[Saved entries]

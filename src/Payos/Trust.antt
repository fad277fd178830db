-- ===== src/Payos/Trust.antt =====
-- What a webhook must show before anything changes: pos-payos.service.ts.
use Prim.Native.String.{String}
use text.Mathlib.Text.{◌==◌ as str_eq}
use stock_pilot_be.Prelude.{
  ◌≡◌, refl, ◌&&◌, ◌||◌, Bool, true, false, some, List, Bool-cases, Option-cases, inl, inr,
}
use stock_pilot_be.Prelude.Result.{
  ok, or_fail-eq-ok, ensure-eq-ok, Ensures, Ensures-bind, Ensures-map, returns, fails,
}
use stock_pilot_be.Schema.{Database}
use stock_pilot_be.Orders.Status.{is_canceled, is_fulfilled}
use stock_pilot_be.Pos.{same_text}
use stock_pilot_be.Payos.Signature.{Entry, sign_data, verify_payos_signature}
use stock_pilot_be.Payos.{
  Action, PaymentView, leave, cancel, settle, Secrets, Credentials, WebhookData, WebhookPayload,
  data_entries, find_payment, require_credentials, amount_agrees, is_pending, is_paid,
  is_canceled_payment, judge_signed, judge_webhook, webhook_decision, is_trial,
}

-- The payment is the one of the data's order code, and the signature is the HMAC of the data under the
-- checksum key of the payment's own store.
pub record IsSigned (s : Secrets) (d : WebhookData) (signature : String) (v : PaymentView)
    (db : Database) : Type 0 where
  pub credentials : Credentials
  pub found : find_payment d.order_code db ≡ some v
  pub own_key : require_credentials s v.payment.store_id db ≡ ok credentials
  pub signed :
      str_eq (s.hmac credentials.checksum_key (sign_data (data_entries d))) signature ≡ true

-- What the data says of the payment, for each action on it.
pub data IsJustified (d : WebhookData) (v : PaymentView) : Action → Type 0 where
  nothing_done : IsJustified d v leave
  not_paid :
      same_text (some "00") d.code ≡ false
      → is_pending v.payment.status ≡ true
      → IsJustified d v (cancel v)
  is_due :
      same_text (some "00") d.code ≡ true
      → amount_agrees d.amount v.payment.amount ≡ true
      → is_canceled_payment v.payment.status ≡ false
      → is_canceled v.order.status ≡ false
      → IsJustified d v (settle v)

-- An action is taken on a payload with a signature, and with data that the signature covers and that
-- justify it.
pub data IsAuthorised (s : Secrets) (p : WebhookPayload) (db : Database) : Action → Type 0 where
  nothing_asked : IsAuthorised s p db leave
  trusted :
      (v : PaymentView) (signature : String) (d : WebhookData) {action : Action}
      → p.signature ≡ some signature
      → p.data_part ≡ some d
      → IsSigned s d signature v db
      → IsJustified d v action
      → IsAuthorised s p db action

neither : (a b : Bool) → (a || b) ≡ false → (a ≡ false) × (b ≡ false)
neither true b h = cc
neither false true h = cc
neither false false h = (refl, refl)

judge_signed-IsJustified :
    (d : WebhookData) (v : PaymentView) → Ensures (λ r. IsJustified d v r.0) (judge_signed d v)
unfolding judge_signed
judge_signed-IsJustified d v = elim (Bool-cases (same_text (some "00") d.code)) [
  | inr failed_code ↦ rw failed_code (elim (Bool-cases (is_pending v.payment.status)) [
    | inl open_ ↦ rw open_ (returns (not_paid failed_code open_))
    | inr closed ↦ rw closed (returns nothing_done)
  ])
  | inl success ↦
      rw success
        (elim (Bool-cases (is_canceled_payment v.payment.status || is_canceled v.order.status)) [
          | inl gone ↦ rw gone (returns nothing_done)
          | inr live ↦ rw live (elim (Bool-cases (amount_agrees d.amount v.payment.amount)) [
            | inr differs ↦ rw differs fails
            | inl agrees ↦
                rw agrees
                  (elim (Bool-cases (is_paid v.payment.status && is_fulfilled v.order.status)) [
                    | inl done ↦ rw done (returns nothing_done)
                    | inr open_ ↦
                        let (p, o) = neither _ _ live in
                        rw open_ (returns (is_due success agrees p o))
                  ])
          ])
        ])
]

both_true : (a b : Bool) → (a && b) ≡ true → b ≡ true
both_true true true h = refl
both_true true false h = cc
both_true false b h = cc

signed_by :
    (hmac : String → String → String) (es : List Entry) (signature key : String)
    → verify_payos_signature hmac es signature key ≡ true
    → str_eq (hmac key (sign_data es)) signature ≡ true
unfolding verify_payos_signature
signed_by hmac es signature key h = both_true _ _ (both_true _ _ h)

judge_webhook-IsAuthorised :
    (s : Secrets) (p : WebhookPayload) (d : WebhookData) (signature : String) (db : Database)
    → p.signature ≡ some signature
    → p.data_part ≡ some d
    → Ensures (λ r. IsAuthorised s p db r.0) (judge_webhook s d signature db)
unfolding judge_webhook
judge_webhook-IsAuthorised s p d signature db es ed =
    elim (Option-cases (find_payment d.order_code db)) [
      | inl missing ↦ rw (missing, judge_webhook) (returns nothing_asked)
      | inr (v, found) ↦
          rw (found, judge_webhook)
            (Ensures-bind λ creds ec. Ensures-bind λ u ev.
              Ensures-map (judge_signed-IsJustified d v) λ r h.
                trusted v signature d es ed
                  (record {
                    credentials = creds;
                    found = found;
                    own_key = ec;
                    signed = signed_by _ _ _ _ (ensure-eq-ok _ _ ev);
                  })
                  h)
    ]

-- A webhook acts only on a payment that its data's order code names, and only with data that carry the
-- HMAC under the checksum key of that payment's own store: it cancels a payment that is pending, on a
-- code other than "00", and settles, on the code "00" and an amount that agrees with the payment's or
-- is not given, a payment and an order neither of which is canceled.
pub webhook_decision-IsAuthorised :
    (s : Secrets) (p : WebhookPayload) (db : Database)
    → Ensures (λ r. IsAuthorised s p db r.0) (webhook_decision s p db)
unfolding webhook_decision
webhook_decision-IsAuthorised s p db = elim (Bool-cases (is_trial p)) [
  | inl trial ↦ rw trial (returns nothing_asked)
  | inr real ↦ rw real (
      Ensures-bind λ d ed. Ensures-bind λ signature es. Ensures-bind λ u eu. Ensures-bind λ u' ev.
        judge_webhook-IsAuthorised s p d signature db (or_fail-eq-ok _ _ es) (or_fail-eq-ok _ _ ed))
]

» **ASSIGNMENT**:
Which lines run from the one holding "(db : Database) : Type 0 where" through the one holding "v (settle v)" in the records above? Repeat them exactly, both included, and nothing more.

» **EXERCISE OUTPUT**:
    (db : Database) : Type 0 where
  pub credentials : Credentials
  pub found : find_payment d.order_code db ≡ some v
  pub own_key : require_credentials s v.payment.store_id db ≡ ok credentials
  pub signed :
      str_eq (s.hmac credentials.checksum_key (sign_data (data_entries d))) signature ≡ true

-- What the data says of the payment, for each action on it.
pub data IsJustified (d : WebhookData) (v : PaymentView) : Action → Type 0 where
  nothing_done : IsJustified d v leave
  not_paid :
      same_text (some "00") d.code ≡ false
      → is_pending v.payment.status ≡ true
      → IsJustified d v (cancel v)
  is_due :
      same_text (some "00") d.code ≡ true
      → amount_agrees d.amount v.payment.amount ≡ true
      → is_canceled_payment v.payment.status ≡ false
      → is_canceled v.order.status ≡ false
      → IsJustified d v (settle v)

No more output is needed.